Moreover, several animal studies have reported the emergence of depression-like behaviors in offspring exposed to MIA(87, 88). The latter phenotypes may not only be relevant for unipolar depression, but also for depressive episodes in bipolar disorder. The investigation of other core behavioral symptoms of bipolar disorder, such as poor decision-making, altered risk-taking behavior, impulsivity, and loss of inhibitory control remain unexplored in MIA models.
Additional work is also necessary to evaluate whether MIA-induced deficits can be mitigated by pharmacological treatments used in bipolar disorder, including the mood stabilizer lithium, and anticonvulsants such as valproate and lamotrigine(89).
In recent years, maternal infection and inflammation have been investigated in relation to autism spectrum disorders. Although findings are mixed, and more work is necessary, evidence has emerged linking maternal inflammation to risk of autism spectrum disorder in offspring.

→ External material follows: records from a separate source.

-- ===== src/Grammar/Verdict.antt =====
-- What gdbwire_mi_parser_parse_line of src/gdbwire_mi_parser.c gets from the push parser of
-- src/gdbwire_mi_grammar.y for the tokens of a line: an output, or an error.
use gdbwire.Base.{
  ◌≡◌, ◌≢◌, refl, ap, sym, ◌∙◌, subst, [], ◌∷◌, ◌++◌, Option, none, some, Bytes, append_assoc, inl,
  inr, ◌⊎◌, arith,
}
use gdbwire.Pt.{MiOutputVariant, output_parse_error, null, MiOutput, output, MiPosition}
use gdbwire.Lexer.{Token, lexeme, newline}
use gdbwire.Lexer.Terminated.{Terminated}
use gdbwire.Grammar.Productions.{
  Lexemes, OutputVariant, result_record, async_record, stream_record, prompt, Output,
  output_newline,
}
use gdbwire.Grammar.Machine.{
  Pstate, at_start, Pushed, shifted, complete, syntax_error, refused, error_output, after_step,
  stored, step, push_all,
}
use gdbwire.Grammar.Accept.{push_all-Output}
use gdbwire.Grammar.Reached.{Leads}
use gdbwire.Grammar.Sound.{step-Leads}
use gdbwire.Grammar.Shifts.{
  Shifts, Shifts-append, Shifts-Reached, Shifts-IsReading, push_parse-step, newline_ends,
  Shifts-push_all, recovering-push_all, recovered-other, IsReading,
}
use gdbwire.Grammar.Viable.{IsViable, Shifts-IsViable, complete-Output}

-- The tokens are an output, which is stored with its value.
pub record Accepted (ts : Lexemes) (o : Option MiOutput) : Type 0 where
  pub variant : MiOutputVariant
  pub value : o ≡ some (output variant none null)
  pub derived : Output ts variant []

-- A token is the first that makes the text something no output begins with. What is stored is a
-- parse error with the text and the position of that token.
pub record Rejected (ts : Lexemes) (o : Option MiOutput) : Type 0 where
  pub before : Lexemes
  pub token : Token
  pub text : Bytes
  pub position : MiPosition
  pub after : Lexemes
  pub whole : ts ≡ before ++ lexeme token text position ∷ after
  pub value : o ≡ some (error_output text position)
  pub viable : IsViable before
  pub stuck : ¬ IsViable (before ++ lexeme token text position ∷ [])

not_error :
    (ts rest : Lexemes) (v : MiOutputVariant) (text : Bytes) (pos : MiPosition)
    → OutputVariant ts v rest
    → v ≢ output_parse_error text pos
not_error ts rest v text pos (result_record sign x a b c d) e = ground arith
not_error ts rest v text pos (async_record x a b c d) e = ground arith
not_error ts rest v text pos (stream_record x a b) e = ground arith
not_error ts rest v text pos (prompt l x r a b c d) e = ground arith

-- What a token does that is neither shifted nor the end of an output.
data Fails (t : Token) : Pushed → Type 0 where
  fails_syntax : Fails t syntax_error
  fails_refused : t ≢ newline → Fails t refused

Terminated-tail :
    (brk : Bytes) (ts : Lexemes) (t : Token) (text : Bytes) (pos : MiPosition) (us : Lexemes)
    → Terminated brk (ts ++ lexeme t text pos ∷ us)
    → Terminated brk (lexeme t text pos ∷ us)
Terminated-tail brk [] t text pos us h = h
Terminated-tail brk (lexeme u x p ∷ []) t text pos us h = h.1
Terminated-tail brk (lexeme u x p ∷ y ∷ ts) t text pos us h =
    Terminated-tail brk (y ∷ ts) t text pos us h.1

-- Behind the first error of a line the parser drops the rest of it.
error-push_all :
    (brk : Bytes) (s : Pstate) (t : Token) (text : Bytes) (pos : MiPosition) (us : Lexemes)
    (o : Option MiOutput)
    → IsReading s
    → Fails t (step s t text)
    → Terminated brk (lexeme t text pos ∷ us)
    → push_all s o (lexeme t text pos ∷ us) ≡ (at_start, some (error_output text pos))
unfolding push_all
error-push_all brk s t text pos us o reads fails h =
    rw (push_parse-step s t text pos reads, push_all) (drop (step s t text) fails us h)
  where
    drop :
        (p : Pushed)
        → Fails t p
        → (us : Lexemes) → Terminated brk (lexeme t text pos ∷ us)
        → push_all (after_step t text pos p).0 (stored (after_step t text pos p).1 o) us
          ≡ (at_start, some (error_output text pos))
    drop (shifted m) fails us h = elim fails [ ]
    drop (complete v) fails us h = elim fails [ ]
    drop syntax_error fails_syntax [] h = rw h.0 refl
    drop syntax_error fails_syntax (x ∷ xs) h =
        rw (recovered-other t h.0)
          (recovering-push_all brk (x ∷ xs) (some (error_output text pos)) h.1)
    drop refused (fails_refused other) [] h = absurd (other h.0)
    drop refused (fails_refused other) (x ∷ xs) h = recovering-push_all brk (x ∷ xs) _ h.1

-- What the parser stores for a line that is an output cannot be an error.
error-IsViable :
    (before : Lexemes) (s : Pstate) (t : Token) (text : Bytes) (pos : MiPosition)
    → Shifts at_start before s
    → Fails t (step s t text)
    → ¬ IsViable (before ++ lexeme t text pos ∷ [])
unfolding push_all
error-IsViable before s t text pos run fails h =
    stored_error h.derived
      (ap (λ r. r.1) (sym wrong ∙ push_all-Output full [] h.variant none h.derived))
  where
    us : Lexemes
    us = h.rest

    full : Lexemes
    full = (before ++ lexeme t text pos ∷ []) ++ us

    same : full ≡ before ++ lexeme t text pos ∷ us
    same = append_assoc before (lexeme t text pos ∷ []) us

    wrong : push_all at_start none full ≡ (at_start, some (error_output text pos))
    wrong =
        ap (push_all at_start none) same
        ∙ Shifts-push_all at_start s before (lexeme t text pos ∷ us) none run
        ∙ error-push_all h.brk s t text pos us none (Shifts-IsReading s before run) fails
            (Terminated-tail h.brk before t text pos us (subst (Terminated h.brk) same h.whole))

    stored_error :
        Output full h.variant []
        → some (error_output text pos) ≡ some (output h.variant none null)
        → ⊥
    stored_error (output_newline brk d n) e = not_error full _ h.variant text pos d cc

-- Only a line break completes an output.
only_newline :
    (s : Pstate) (t : Token) (text : Bytes) (v : MiOutputVariant) (pos : MiPosition)
    (before : Lexemes)
    → Shifts at_start before s
    → step s t text ≡ complete v
    → t ≡ newline
only_newline s t text v pos before run e =
    (subst (Leads t full []) e (
      step-Leads s t text pos full []
        (Shifts-Reached at_start s before full (lexeme t text pos ∷ []) refl run))).0
  where
    full : Lexemes
    full = before ++ lexeme t text pos ∷ []

abbrev Verdict : Lexemes → Pstate × Option MiOutput → Type 0
Verdict ts r = (r.0 ≡ at_start) × (Accepted ts r.1 ⊎ Rejected ts r.1)

rejected :
    (brk : Bytes) (before : Lexemes) (s : Pstate) (t : Token) (text : Bytes) (pos : MiPosition)
    (us : Lexemes)
    → Shifts at_start before s
    → Fails t (step s t text)
    → Terminated brk (lexeme t text pos ∷ us)
    → Verdict (before ++ lexeme t text pos ∷ us) (push_all s none (lexeme t text pos ∷ us))
rejected brk before s t text pos us run fails h =
    subst (Verdict (before ++ lexeme t text pos ∷ us))
      (sym (error-push_all brk s t text pos us none (Shifts-IsReading s before run) fails h))
      (
        refl,
        inr record {
          before = before;
          token = t;
          text = text;
          position = pos;
          after = us;
          whole = refl;
          value = refl;
          viable = Shifts-IsViable s before run;
          stuck = error-IsViable before s t text pos run fails;
        },
      )

accepted :
    (before : Lexemes) (s : Pstate) (v : MiOutputVariant) (text : Bytes) (pos : MiPosition)
    → Shifts at_start before s
    → step s newline text ≡ complete v
    → Verdict
        (before ++ lexeme newline text pos ∷ [])
        (push_all s none (lexeme newline text pos ∷ []))
unfolding push_all
accepted before s v text pos run e =
    rw (push_parse-step s newline text pos (Shifts-IsReading s before run), e, push_all)
      (
        refl,
        inl record {
          variant = v;
          value = refl;
          derived = complete-Output before s v text pos run e;
        },
      )

-- A state that the tokens `before` lead to, and the rest of the line.
Verdict-from :
    (brk : Bytes) (before : Lexemes) (s : Pstate) (ts : Lexemes)
    → Shifts at_start before s
    → Terminated brk ts
    → Verdict (before ++ ts) (push_all s none ts)
unfolding push_all
Verdict-from brk before s [] run h = absurd h
Verdict-from brk before s (lexeme t text pos ∷ []) run h =
    subst
      (λ k. Verdict (before ++ lexeme k text pos ∷ []) (push_all s none (lexeme k text pos ∷ [])))
      (sym h.0)
      (elim (newline_ends s text) [
        | inl (v, e) ↦ accepted before s v text pos run e
        | inr e ↦
            rejected brk before s newline text pos [] run
              (subst (Fails newline) (sym e) fails_syntax) (refl, h.1)
      ])
Verdict-from brk before s (lexeme t text pos ∷ x ∷ xs) run h =
    by_step
      (λ m e.
        let further : Shifts at_start (before ++ lexeme t text pos ∷ []) m =
          Shifts-append at_start s m before (lexeme t text pos ∷ []) run (m, e, refl) in
        Verdict-from brk (before ++ lexeme t text pos ∷ []) m (x ∷ xs) further h.1)
      (step s t text) refl
  where
    whole : Lexemes
    whole = before ++ lexeme t text pos ∷ x ∷ xs

    by_step :
        ((m : Pstate)
          → step s t text ≡ shifted m
          → Verdict ((before ++ lexeme t text pos ∷ []) ++ x ∷ xs) (push_all m none (x ∷ xs)))
        → (p : Pushed) → step s t text ≡ p
        → Verdict whole (push_all s none (lexeme t text pos ∷ x ∷ xs))
    by_step more (shifted m) e =
        subst (Verdict whole)
          (sym (Shifts-push_all s m (lexeme t text pos ∷ []) (x ∷ xs) none (m, e, refl)))
          (subst (λ w. Verdict w (push_all m none (x ∷ xs)))
            (append_assoc before (lexeme t text pos ∷ []) (x ∷ xs)) (more m e))
    by_step more (complete v) e = absurd (h.0 (only_newline s t text v pos before run e))
    by_step more syntax_error e =
        rejected brk before s t text pos (x ∷ xs) run (subst (Fails t) (sym e) fails_syntax) h
    by_step more refused e =
        rejected brk before s t text pos (x ∷ xs) run (subst (Fails t) (sym e) (fails_refused h.0))
          h

-- For tokens that end with their only line break, the parser is at its start again behind them, and
-- it has stored one of two things: the output that the tokens are, with its value; or a parse
-- error, with the text and the columns of the first token with which no output begins, where the
-- tokens in front of it still begin one.
pub push_all-Verdict :
    (brk : Bytes) (ts : Lexemes)
    → Terminated brk ts
    → ((push_all at_start none ts).0 ≡ at_start)
      × (Accepted ts (push_all at_start none ts).1 ⊎ Rejected ts (push_all at_start none ts).1)
push_all-Verdict brk ts h = Verdict-from brk [] at_start ts refl h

In the FiPS birth cohort, our group demonstrated that elevated maternal levels of CRP, a nonspecific biomarker of inflammation, in early to mid-gestation, was related to an increased risk of autism spectrum disorders in offspring(4).
However, in the Early Markers of Autism (EMA) study in California, maternal mid-pregnancy CRP levels were related to a decreased risk of autism spectrum disorders(90). In studies of cytokines and chemokines in archived maternal serum samples in the EMA study, significantly increased levels of these analytes were related to autism spectrum disorders(5, 11). In amniotic fluid samples from a Danish study, several cytokines including tumor necrosis factor-alpha (TNFα) and several inflammatory interleukins were related to autism spectrum disorders in offspring(7).
Moreover, maternal fever has been associated with autism. Although replication of these findings is necessary, they suggest that MIA may also be related to autism spectrum disorders. Consistent with this interpretation, other maternal immune factors, including maternal autoantibodies targeting fetal proteins, have been associated with increased autism spectrum disorder risk in the offspring (for review see (91)).
These findings include significant associations between paired maternal antibody reactivity to fetal brain proteins with the 37 and 73kDa molecular weight bands and diagnosis of ASD in children(92). Within proteins corresponding to the 37-, 39-, and 73 kDa bands, maternal autoantibodies recognized seven developmentally regulated proteins in the fetal brain, including lactate dehydrogenase A and B, stress-induced phosphoprotein 1, and collapsin response mediator proteins 1 and 2(91, 92).
Several of these proteins are critical for normal brain development, including neuronal migration and neural network formation.
Animal models further support the hypothesis that MIA is an environmental risk factor for autism spectrum disorders. For example, prenatal exposure to the viral mimetic poly(I:C), the bacterial endotoxin LPS, or allergies/asthma, can all induce behavioral abnormalities that are reminiscent of core symptoms of autism spectrum disorders, including deficits in social interaction and communication as well as high levels of repetitive behaviors(9, 15, 38, 93).
These manipulations also cause brain morphological and cellular abnormalities implicated in autism spectrum disorders, including abnormal cerebellar development, impaired expression of the extracellular matrix protein reelin, and altered synapse density and neural connectivity(2, 15, 25). Importantly, some of these rodent findings have been extended to rhesus monkeys, both at the behavioral and brain morphological levels(8, 64, 70, 94).